UK listed companies paid out £31.4bn in shareholder dividends in the third quarter of the year – a fall of 8.4%.

But according to the UK dividend monitor from Link Group, the figures were “impacted heavily” by the delisting of BHP.

“Excluding this effect, dividends were 1% higher year on year”, Link noted. On an underlying basis, they rose 4% to £28.1bn.

Link said Q3 payouts “were a touch weaker” than expected, owing to softness in consumer basics and a slightly bigger drop in volatile mining dividends than forecast.

However, this sector will still be the biggest payer in 2022, “and perhaps even in 2023”, it added.

Meanwhile, special dividends of £3.3bn was also down 43% year on year, “driven by the end of the boom in metal mining”.

But falling mining payouts were offset by strength in banks and financials as well as oil companies.

Oil and gas payouts were up by a fifth (18.9%) year-on-year, while banks and financials saw a 49.3% jump, adding £2.7bn to shareholder incomes. NatWest made the largest positive impact, while industrials and consumer services also did well.

Weak pound, strong dollars drives dividends

Link added that the exceptional weakness of the pound also “enormously flattered the figures” – to the tune of £1.9bn. This is because many dividends are declared in dollars.

It noted: “For the full year, the extraordinary surge in the US dollar will add a record £5.7bn to UK dividends, with an even bigger effect likely in Q4 than Q3”.
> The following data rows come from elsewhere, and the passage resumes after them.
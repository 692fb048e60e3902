-- ===== src/Presence/Audit.antt =====
-- crates/syauth-presenced/src/audit.rs: the append-only audit log. The file is its bytes; whether a
-- write or an fsync succeeds is an argument.
use syauth.Base.{
  ℕ, zero, suc, ◌+◌, ◌%◌, ◌^◌, Bool, true, false, Bytes, Text, text, [], ◌∷◌, ◌++◌, Option, none,
  some, ◌==◌, ◌/◌, ltb, if◌then◌else◌, take,
}

abbrev pub audit_fsync_every : ℕ
audit_fsync_every = 32

abbrev pub audit_field_separator : Text
audit_field_separator = text ","

pub record AuditRecord : Type 0 where
  pub peer_id : Text
  pub nonce_hex : Text
  pub t_start_ms : ℕ
  pub t_end_ms : ℕ
  pub outcome : Text
  pub reason : Text

pub record AuditLog : Type 0 where
  pub file : Bytes
  pub appended_since_fsync : ℕ

-- What the file system answers to one append: how many bytes a failing `write_all` has written, and
-- whether `sync_all` succeeds.
pub record FileAnswers : Type 0 where
  pub write_all : Option ℕ
  pub sync_all : Bool

-- The decimal digits of a number, as `format!` writes them, on `fuel` for their count.
abbrev pub digits : ℕ → ℕ → Text → Text
digits zero n rest = rest
digits (suc fuel) n rest =
    let more = digits fuel (n / 10) ((48 + n % 10) ∷ rest) in
    if ltb n 10 then (48 + n % 10) ∷ rest else more

-- A `u128` has at most 39 digits.
abbrev pub decimal : ℕ → Text
decimal n = digits 39 n []

unfoldable pub format_record : AuditRecord → Text
format_record r =
    r.peer_id
    ++ (audit_field_separator
        ++ (r.nonce_hex
            ++ (audit_field_separator
                ++ (decimal r.t_start_ms
                    ++ (audit_field_separator
                        ++ (decimal r.t_end_ms
                            ++ (audit_field_separator
                                ++ (r.outcome
                                    ++ (audit_field_separator ++ (r.reason ++ text "\n"))))))))))

-- `append`, and whether it returned `Ok`
unfoldable pub append : FileAnswers → AuditLog → AuditRecord → Bool × AuditLog
append io log r = elim io.write_all [
  | some written ↦ (false, record log { file = log.file ++ take written (format_record r) })
  | none ↦
      let count = (log.appended_since_fsync + 1) % 2 ^ 64 in
      let log' : AuditLog = record {
        file = log.file ++ format_record r;
        appended_since_fsync = count;
      } in
      if count % audit_fsync_every == 0 then (io.sync_all, log') else (true, log')
]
Turning to mid-cap payouts, they rose faster on an underlying basis than the top 100, reflecting the tail end of the post-pandemic dividend recovery. These were up 17% compared to 11.2%.

Given the analysis, Link has upgraded its 2022 expectations for UK plc dividends to a headline £97.4bn. This is a 5.5% year-on-year increase, or 11% adjusting for BHP’s departure. Underlying dividends will rise £87.2bn, up from 15.3%.
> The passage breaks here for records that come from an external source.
-- ===== src/Cli/Pair/Flow.antt =====
-- `read_oob_confirmation`, `write_pam_bond_key` and `run_pair_with_io` of
-- crates/syauth-cli/src/pair.rs, in its four phases. The state is the bond file, the key files and
-- the terminal.
use syauth.Base.{
  ℕ, zero, suc, ◌-◌, ◌==◌, Bool, ◌||◌, Bytes, Text, text, Dict, insert, List, [], ◌∷◌, ◌++◌, Option,
  none, some, is_some, Result, ok, err, take, length, replicate, if◌then◌else◌,
}
use syauth.Core.Crypto.{Primitives}
use syauth.Core.Bond.{Bond, BondStore, BondError, already_bonded, Update, add, remove}
use syauth.Presence.Audit.{decimal}
use syauth.Cli.Oob.{Expand, oob_code_for_bond}
use syauth.Cli.Pair.{
  PairOpts, PairCandidate, LescOutcome, AdapterInfo, ConfirmSource, from_opts, timeout,
  operator_reject, PairingPhase, phase_bonded, PairError, lesc_unsupported, no_peers, pair_revoked,
  bond_error, peer_already_bonded, pair_io, lesc_unsupported_hint, numeric_code_not_observed,
  OobConfirmation, accept, reject, TextOps, parse_yes_no, filter_candidates, pick_unambiguous,
  build_bond_with_time,
}

-- What the radio answers. The agent has the surface that `install_os_confirm` gave it by the time of
-- the scan and of the negotiation; `none` is a negotiation that outlasts the deadline.
pub record PairBackend : Type 0 where
  pub adapter_info : Text → Result AdapterInfo PairError
  pub scan_peers : ConfirmSource → Result (List PairCandidate) PairError
  pub initiate_lesc_with_peer :
      ConfirmSource → PairCandidate → ℕ → Option (Result LescOutcome PairError)

-- What the calls of `write_pam_bond_key` do: where it stops, with what a torn write leaves.
pub data KeyWrite : Type 0 where
  no_directory no_file : KeyWrite
  torn : ℕ → KeyWrite
  mode_refused all_written : KeyWrite

pub record PairIo : Type 0 where
  -- `reader.read_line`; `none` is its error
  pub line : Option Text
  -- `store.save`; `none` is success, and a failed save leaves the file as it was
  pub save_error : Option BondError
  pub write_key : KeyWrite
  pub now_utc : ℕ

pub record PairRun : Type 0 where
  -- what `BondStore::load` answers
  pub bonds : Result BondStore BondError
  pub keys : Dict Bytes
  pub terminal : List Text
  -- how many writes to the terminal still succeed
  pub room : ℕ

abbrev pub M {ℓ} : Type ℓ → Type ℓ
M A = PairRun → Result A PairError × PairRun

abbrev pub after {ℓ κ} :
    {A : Type ℓ} {B : Type κ}
    → (A → M B)
    → Result A PairError × PairRun
    → Result B PairError × PairRun
after f (ok a, s) = f a s
after f (err e, s) = (err e, s)

infixl 5 ◌>>=◌ ◌>>◌
abbrev pub ◌>>=◌ {ℓ κ} : {A : Type ℓ} {B : Type κ} → M A → (A → M B) → M B
◌>>=◌ m f s = after f (m s)

abbrev pub ◌>>◌ {ℓ κ} : {A : Type ℓ} {B : Type κ} → M A → M B → M B
m >> k = m >>= (λ _. k)

abbrev pub lift {ℓ} : {A : Type ℓ} → Result A PairError → M A
lift r s = (r, s)

-- `writeln!(writer, …)?`
abbrev pub put_line : Text → ℕ → M (Unit {0})
put_line line zero s = (err pair_io, s)
put_line line (suc n) s = (ok tt, record s { terminal = s.terminal ++ line ∷ []; room = n })

unfoldable pub writeln : Text → M (Unit {0})
writeln line s = put_line line s.room s

unfoldable pub write_words : List Text → M (Unit {0})
write_words [] s = (ok tt, s)
write_words (w ∷ ws) s = after (λ _. write_words ws) (writeln (text "  " ++ w) s)

abbrev pub pad_six : Text → Text
pad_six digits = replicate (6 - length digits) b'0' ++ digits

abbrev pub within_deadline : Option (Result LescOutcome PairError) → Result LescOutcome PairError
within_deadline none = err (pair_revoked timeout)
within_deadline (some r) = r

abbrev pub read_answer : Option Text → Result Text PairError
read_answer none = err pair_io
read_answer (some line) = ok line

-- `store.add(…)?` and `store.remove(…)?`
abbrev pub of_update : Update → Result BondStore PairError
of_update (ok _, store) = ok store
of_update (err e, store) = err (bond_error e)

abbrev pub load_answer : Result BondStore BondError → M BondStore
load_answer (err e) s = (err (bond_error e), s)
load_answer (ok store) s = (ok store, s)

abbrev pub save_answer : Option BondError → BondStore → M (Unit {0})
save_answer (some e) store s = (err (bond_error e), s)
save_answer none store s = (ok tt, record s { bonds = ok store })

abbrev pub write_answer : KeyWrite → Text → Bytes → M (Unit {0})
write_answer no_directory peer_id key s = (err pair_io, s)
write_answer no_file peer_id key s = (err pair_io, s)
write_answer (torn n) peer_id key s =
    (err pair_io, record s { keys = insert peer_id (take n key) s.keys })
write_answer mode_refused peer_id key s =
    (err pair_io, record s { keys = insert peer_id key s.keys })
write_answer all_written peer_id key s = (ok tt, record s { keys = insert peer_id key s.keys })

module _ (p : Primitives) (ops : TextOps) (hkdf : Expand) (backend : PairBackend) (io : PairIo)
    (opts : PairOpts) where
  abbrev pub read_line : M Text
  read_line = lift (read_answer io.line)

  unfoldable pub read_oob_confirmation : List Text → Bool → M OobConfirmation
  read_oob_confirmation code auto_accept = do
    writeln (text "app-level OOB code (must match the phone):")
    write_words code
    writeln (text "OOB matches your phone? [y/N]: ")
    if auto_accept
        then (do writeln (text "y (--yes)"); lift (ok accept))
        else (do line ← read_line; lift (ok (parse_yes_no ops line)))

  unfoldable pub check_adapter : AdapterInfo → Result (Unit {0}) PairError
  check_adapter info =
      if info.supports_lesc then ok tt else err (lesc_unsupported info.name lesc_unsupported_hint)

  unfoldable pub found : List PairCandidate → Result (List PairCandidate) PairError
  found [] = err no_peers
  found candidates = ok candidates

  unfoldable pub select_peer : M PairCandidate
  select_peer = do
    info ← lift (backend.adapter_info opts.adapter)
    writeln (
        text "adapter "
        ++ (info.name
            ++ (text " ready (LE Secure Connections: "
                ++ ((if info.supports_lesc then text "yes" else text "no") ++ text ")"))))
    lift (check_adapter info)
    candidates ← lift (backend.scan_peers (from_opts opts))
    candidates ← lift (found candidates)
    chosen ← lift (pick_unambiguous (filter_candidates ops candidates opts.peer) opts.yes_flag)
    writeln (text "selected " ++ (chosen.name ++ (text " (" ++ (chosen.address ++ text ")"))))
    lift (ok chosen)

  unfoldable pub negotiate : PairCandidate → M LescOutcome
  negotiate chosen = do
    writeln (text "initiating LE Secure Connections...")
    outcome ← lift (
        within_deadline (backend.initiate_lesc_with_peer (from_opts opts) chosen opts.timeout_secs))
    writeln (
        if outcome.numeric_code == numeric_code_not_observed
        then text "BT numeric comparison confirmed (code not reported by the agent)"
        else text "BT numeric code: "
          ++ (pad_six (decimal outcome.numeric_code) ++ text "   confirm on both devices"))
    lift (ok outcome)

  abbrev pub scripted_warning : Text
  scripted_warning =
      text
        "warning: scripted-oob in effect; interactive OOB confirmation bypassed (S-019 e2e harness)"

  unfoldable pub confirm : LescOutcome → M OobConfirmation
  confirm outcome = do
    if is_some opts.scripted_oob then writeln scripted_warning else lift (ok tt)
    read_oob_confirmation (oob_code_for_bond hkdf outcome.bond_key)
        (opts.yes_flag || is_some opts.scripted_oob)

  unfoldable pub replace_existing : BondStore → Bond → Text → M BondStore
  replace_existing store bond existing = do
    without ← lift (of_update (remove store existing))
    replaced ← lift (of_update (add without bond))
    writeln (text "replaced existing bond peer_id=" ++ existing)
    lift (ok replaced)

  -- the `match` on `store.add(bond.clone())`
  unfoldable pub on_add : Bond → Update → M BondStore
  unfolding replace_existing
  on_add bond (ok _, store) = lift (ok store)
  on_add bond (err (already_bonded existing), store) =
      if opts.force
      then replace_existing store bond existing
      else lift (err (peer_already_bonded existing))
  on_add bond (err e, store) = lift (err (bond_error e))

  abbrev pub load_bonds : M BondStore
  load_bonds s = load_answer s.bonds s

  abbrev pub save_bonds : BondStore → M (Unit {0})
  save_bonds = save_answer io.save_error

  abbrev pub write_pam_bond_key : Text → Bytes → M (Unit {0})
  write_pam_bond_key = write_answer io.write_key

  -- the last phase
  unfoldable pub persist : PairCandidate → LescOutcome → M PairingPhase
  unfolding on_add build_bond_with_time
  persist chosen outcome = do
    let bond = build_bond_with_time p outcome chosen io.now_utc
    loaded ← load_bonds
    store ← on_add bond (add loaded bond)
    save_bonds store
    write_pam_bond_key bond.peer_id outcome.bond_key
    writeln (
        text "bonded "
        ++ (chosen.name ++ (text " id=" ++ (bond.peer_id ++ text "; run `syauth list` to verify"))))
    lift (ok phase_bonded)

  unfoldable pub conclude : PairCandidate → LescOutcome → OobConfirmation → M PairingPhase
  unfolding persist
  conclude chosen outcome reject = lift (err (pair_revoked operator_reject))
  conclude chosen outcome accept = persist chosen outcome

  unfoldable pub run_pair_with_io : M PairingPhase
  unfolding select_peer negotiate confirm conclude
  run_pair_with_io = do
    chosen ← select_peer
    outcome ← negotiate chosen
    answer ← confirm outcome
    conclude chosen outcome answer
‘Income investors have more choice’

Ian Stokes, managing director, corporate markets UK & Europe at Link Group, said: “The economic backdrop in the UK and for the wider world has deteriorated markedly in the last three months. The sharp increase in bond yields has huge implications for asset prices, asset allocation, personal finances, and government deficits. For the first time in more than a decade, the UK 10-year gilt yield has risen above the yield on UK equities, even if only briefly. Suddenly, income investors have more choice.

“Nevertheless, the high yield of the UK stock market signifies that more of the value of UK equities is grounded in the stream of dividends it provides. Although this also reflects a lower growth profile for UK Plc than, say US Inc, it also makes capital values less sensitive to rising longer term bond yields. “Moreover, we do expect UK companies to continue to deliver dividend growth over the medium and long term, which provides a level of insulation against the rising cost of living.”

Stokes added that for 2023, Link expects a further reduction in mining dividends and likely lower one-off special dividends.

“But outside the mining sector there is still room for payouts to rise, even with a weakening economy. Our provisional 2023 forecast suggests a slight drop in headline dividends to £96bn and a slight increase in the underlying total to £89bn. This implies no change in our expectation that UK payouts will only regain their pre-pandemic highs some time in 2025.”

‘Dividend income is much less volatile than profits over time’

David Smith, fund manager of Henderson High Income Trust, said: “While the economic outlook is particularly uncertain and will likely put pressure on corporate profits, history shows that dividend income is much less volatile than profits over time, so long as balance sheets are strong and dividend cover is robust. Thankfully, UK corporates strengthened balance sheets and reset pay-out ratios during the pandemic.

“This gives us confidence that overall dividend payments next year will prove resilient and although mining sector dividends will reduce, reflecting the fall in underlying commodity prices, there will be growth elsewhere, especially in financials and energy, to offset this. We do not believe that the 10-year government bond yield rising above the FTSE All Share is a cause for concern as with the exception of the last decade, equities have yielded less than bonds given they offer investors the prospects of income growth over the long-term, vital in an inflationary environment.”